If adopted efficiently, the PDPC’s Ethical Accountability Framework should help organizations to demonstrate and enhance trust with individuals.

In October, 2018, Hong Kong’s Privacy Commissioner for Personal Data (PCPD) presented the findings of an inquiry into the ethics of data processing, commissioned by the PCPD with the help of the Information Accountability Foundation (IAF). The result of the inquiry, published as the Ethical Accountability Framework, provides an “instruction manual” for processing data in an ethical and accountable manner.

Following on the heels of the PCPD’s report, the Hong Kong Monetary Authority (HKMA) issued a Circular titled Use of Personal Data in Fintech Development, encouraging authorized institutions (AIs) to adopt the PCPD’s Ethical Accountability Framework.

The Ethical Accountability Framework is centred around a set of core principles, which were established to address underlying concerns identified by the PCPD. The Circular encourages AIs to embed these principles into their FinTech development and their relationships with service providers and strategic partners, including startups and other tech-centric organizations. While the Circular provides very little additional guidance on how AIs should apply these principles, data ethics and stewardship in the context of collecting and processing personal data will clearly be a focus for the HKMA going forward.

This blog considers the Ethical Accountability Framework’s relevance to FinTech and provides practical steps AIs (and their strategic partners, including start-ups in the FinTech space) can take to implement the framework.

An Overview of the PCPD’s Ethical Accountability Framework

  1. Enhanced Data Stewardship Elements: The PCPD worked with interested parties in Hong Kong to outline principles for handling and processing data ethically, including “ethics by design,” implementing processes for ethical review, and being able to evidence such processes.
  2. Data Stewardship Values: Three core values for the ethical processing of data were proposed: Respectful (understanding context for use of data and defining what is reasonable and respectful of the impact on individuals), Beneficial (considering the benefits to the individual and society as a whole, as well as the risks), and Fairness (taking measures to avoid uncertainty, discrimination, unequal treatment, and distress to individuals).
  3. Model EDIA: A framework for assessing the processing of data and development of technologies against the concerns outlined above. The framework is broader than a standard privacy impact assessment (PIA) process, such as that historically recommended by the PCPD.
  4. Model Oversight Process: An outline of steps that can be taken to ensure appropriate governance measures are in place to monitor, validate, and iterate the concerns outlined above.

Why is data ethics important to FinTech?

The intention of the Ethical Accountability Framework, when properly implemented, is to provide a way for organizations to demonstrate and enhance trust with individuals. This trust is particularly important when considering emerging FinTech trends. If an organization is taking any data — transaction records, behavioural data, personal data — and analysing that data to produce profiling or credit scoring, facilitating automated decisions such as to grant a loan, or providing recommendations on investment, the Ethical Accountability Framework offers guidance on best practice for building trust with those customers.

When developing FinTech in-house, or partnering with a third party to integrate FinTech into an existing business, product, or service, a variety of risks arise when the technology uses data.
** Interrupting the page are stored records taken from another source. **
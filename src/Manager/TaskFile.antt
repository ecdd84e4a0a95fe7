-- ===== src/Manager/TaskFile.antt =====
-- `TaskFile` of src/core/task_file.h and its JSON object; the values of JSON are those of Boost.JSON.
-- The progress is a floating-point number; its type is a parameter.
use download_wrapper.Base.{Bool, List, [], ◌∷◌, false}
use download_wrapper.Base.Int.{ℤ, pos, minus_one}
use download_wrapper.Text.{Text, codes}

pub record TaskFile (Rate : Type 0) : Type 0 where
  pub file_index : ℤ
  pub name : Text
  pub path : Text
  pub full_path : Text
  pub total_size : ℤ
  pub total_done : ℤ
  pub progress : Rate
  pub segments : List (ℤ × ℤ)
  pub extension : Text
  pub prioritize : ℤ
  pub task_id : Text
  pub is_delete : Bool
  pub is_read : Bool
  pub dirty : Bool

-- `TaskFile{}`; the argument is the number 0.0.
abbrev pub no_file : {Rate : Type 0} → Rate → TaskFile Rate
no_file zero = record {
  file_index = minus_one;
  name = [];
  path = [];
  full_path = [];
  total_size = pos 0;
  total_done = pos 0;
  progress = zero;
  segments = [];
  extension = [];
  prioritize = pos 4;
  task_id = [];
  is_delete = false;
  is_read = false;
  dirty = false;
}

mutual
  pub data Value (Rate : Type 0) : Type 0 where
    null : Value Rate
    truth : Bool → Value Rate
    int64 : ℤ → Value Rate
    double : Rate → Value Rate
    text : Text → Value Rate
    array : Items Rate → Value Rate

  pub data Items (Rate : Type 0) : Type 0 where
    end : Items Rate
    item : Value Rate → Items Rate → Items Rate

-- An object, in the order of its keys.
abbrev pub Object : Type 0 → Type 0
Object Rate = List (Text × Value Rate)

abbrev pub pair : {Rate : Type 0} → Value Rate → Value Rate → Value Rate
pair a b = array (item a (item b end))

-- The array of the segments.
unfoldable pub segments_json : {Rate : Type 0} → List (ℤ × ℤ) → Items Rate
segments_json [] = end
segments_json ((start, finish) ∷ rest) =
    item (pair (int64 start) (int64 finish)) (segments_json rest)

unfoldable pub to_json : {Rate : Type 0} → TaskFile Rate → Object Rate
unfolding segments_json
to_json file =
    (codes "file_index", int64 file.file_index)
    ∷ (codes "name", text file.name)
    ∷ (codes "path", text file.path)
    ∷ (codes "full_path", text file.full_path)
    ∷ (codes "total_size", int64 file.total_size)
    ∷ (codes "total_done", int64 file.total_done)
    ∷ (codes "progress", double file.progress)
    ∷ (codes "segments", array (segments_json file.segments))
    ∷ (codes "extension", text file.extension)
    ∷ (codes "prioritize", int64 file.prioritize)
    ∷ (codes "task_id", text file.task_id)
    ∷ (codes "is_delete", truth file.is_delete)
    ∷ (codes "is_read", truth file.is_read)
    ∷ []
These risks include the security of that data; ensuring datasets are accurate and provide valid outputs; providing effective means for anonymizing data; and enabling individuals to isolate, access, amend, and delete their data.

How can an AI implement the Ethical Accountability Framework?

An AI may well have much of the framework in place to allow for efficient adoption of measures outlined in the Ethical Accountability Frameworkparticularly if there is an existing PIA and review process in place.

AIs should review their data governance processes and consider the creation of (or, if such measures are already in place, development and/or maintenance of) processes and forms, such as:

  • An ethical data processing policy — identifying which technologies are high risk (g., artificial intelligence) and what the organization should keep front-of-mind when developing these technologies.
  • A governance framework that reflects the values of the ethical data processing policy.
  • An Ethical Data Impact Assessment (EDIA) process reflecting the policy and framework. The Model EDIA set out in the Ethical Accountability Framework is a helpful starter, and an AI may want to integrate this with the existing PIA form to streamline the process of product/service/system review.

AIs should also ensure that they have robust accountability and audit processes in place ensuring they are capable of demonstrating ongoing compliance with the above processes, particularly given the HKMA or another authority may seek information about the implementation of the Ethical Accountability Framework.

What next?

The PCPD has indicated that the Ethical Accountability Framework is the beginning of strengthened “cultural change” in data privacy protection, suggesting that ethical considerations will become a much more integral part of the PCPD’s approach to regulating data processing. The HKMA’s Circular further supports the case that ethical considerations will be scrutinized in the FinTech space as technologies evolve and data becomes even more valuable.